It's not that they don't put in 'language like Bayesian', it's a different metho...

leo_pekelis · on Jan 20, 2015

While I do agree that a sequential hypothesis test like the one we implemented in Stats Engine is different than a completely Bayesian method, I wouldn’t necessarily call it less powerful. In fact, numerous optimality properties exist showing that a properly implemented sequential test minimizes the expected number of visitors needed to correctly reject a null hypothesis of zero difference. I should note that our particular implementation does use some Bayesian ideas as well.

I agree that a benefit of Bayesian analysis is flexibility. Different posterior results are possible with different priors. But in practice this can be a hindrance as well as a benefit. When answer depend on a choice of prior, misusing, or misunderstanding the prior can lead to incorrect conclusions.

There is also a very attractive feature of Frequentist guarantees specifically for A/B testing. They make statements on the long-run average lift, which is a quantity that many businesses care about: what will my average lift be if I implement a variation after my A/B test?
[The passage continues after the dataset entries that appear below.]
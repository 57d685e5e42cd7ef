-- ===== src/Storage.antt =====
-- apps/api/evidencedesk_api/storage.py: `LocalDocumentStorage` under the keys that
-- `build_storage_key` makes, as the files that the root directory holds.
use evidencedesk.Prelude.{
  ◌≡◌, ◌↔◌, Bytes, Bool, true, false, Option, none, some, List, [], ◌∷◌, arith, ◌==◌, ◌&&◌,
  if◌then◌else◌,
}
use evidencedesk.Db.{Suffix, StorageKey, StoredFile}

abbrev same_suffix : Suffix → Suffix → Bool
same_suffix Suffix.pdf Suffix.pdf = true
same_suffix Suffix.txt Suffix.txt = true
same_suffix Suffix.md Suffix.md = true
same_suffix _ _ = false

unfoldable pub same_key : StorageKey → StorageKey → Bool
same_key a b = a.owner == b.owner && same_suffix a.suffix b.suffix

pub same_key_iff : (a b : StorageKey) → (same_key a b ≡ true) ↔ (a ≡ b)
unfolding same_key
same_key_iff a b = ground arith

-- `LocalDocumentStorage.get`: `none` is the `OSError` of a file that is not there.
unfoldable pub get : StorageKey → List StoredFile → Option Bytes
get key [] = none
get key (f ∷ files) = if same_key f.key key then some f.content else get key files

-- `LocalDocumentStorage.delete`, as the files that are left where no `OSError` of `exists` or `unlink`
-- leaves it; the handlers have a case for one.
unfoldable pub delete : StorageKey → List StoredFile → List StoredFile
delete key [] = []
delete key (f ∷ files) =
    let rest = delete key files in if same_key f.key key then rest else f ∷ rest

-- `LocalDocumentStorage.put`
unfoldable pub put : StorageKey → Bytes → List StoredFile → List StoredFile
unfolding delete
put key content files = record { key = key; content = content } ∷ delete key files

pub get-delete :
    (j k : StorageKey) (files : List StoredFile)
    → get j (delete k files) ≡ (if same_key k j then none else get j files)
unfolding get delete
get-delete j k [] = ground arith
get-delete j k (f ∷ files) =
    ground
      (arith, get-delete j k files, same_key_iff f.key k, same_key_iff f.key j, same_key_iff k j)

pub get-put :
    (j k : StorageKey) (content : Bytes) (files : List StoredFile)
    → get j (put k content files) ≡ (if same_key k j then some content else get j files)
unfolding get put
get-put j k content files = ground (arith, get-delete j k files)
That said, we have, and continue to look at Bayesian methods because we don’t feel that we have to be in either a Frequentist or Bayesian framework, but rather use the tools that are best suited to answer the sorts of statistical questions our customers encounter.

Finally, there have been some very interesting results lately on the connections between sequential testing and bandits! (for example, see here: http://auduno.github.io/SeGLiR/documentation/reference.html )

yummyfajitas · on Jan 21, 2015

They make statements on the long-run average lift, which is a quantity that many businesses care about: what will my average lift be if I implement a variation after my A/B test?

Could you state clearly what this guarantee is? Unless I'm making a stupid mistake, such guarantees are impossible even in principle with frequentist statistics.

yummyfajitas · on Jan 21, 2015

You do not want to use a classical bandit for A/B testing. The problem is that most bandit algorithms assume the conversion rate is constant - i.e., saturday and tuesday are the same. If sat and tues have different conversion rates, this will horribly break a bandit.

This is not a theoretical problem. I have a client who wasted months on this.

I know how to fix this (a Bayesian method, BTW), but I haven't published it. As far as I know, there is very little published research into using Bayesian bandits in assorted real world cases like this.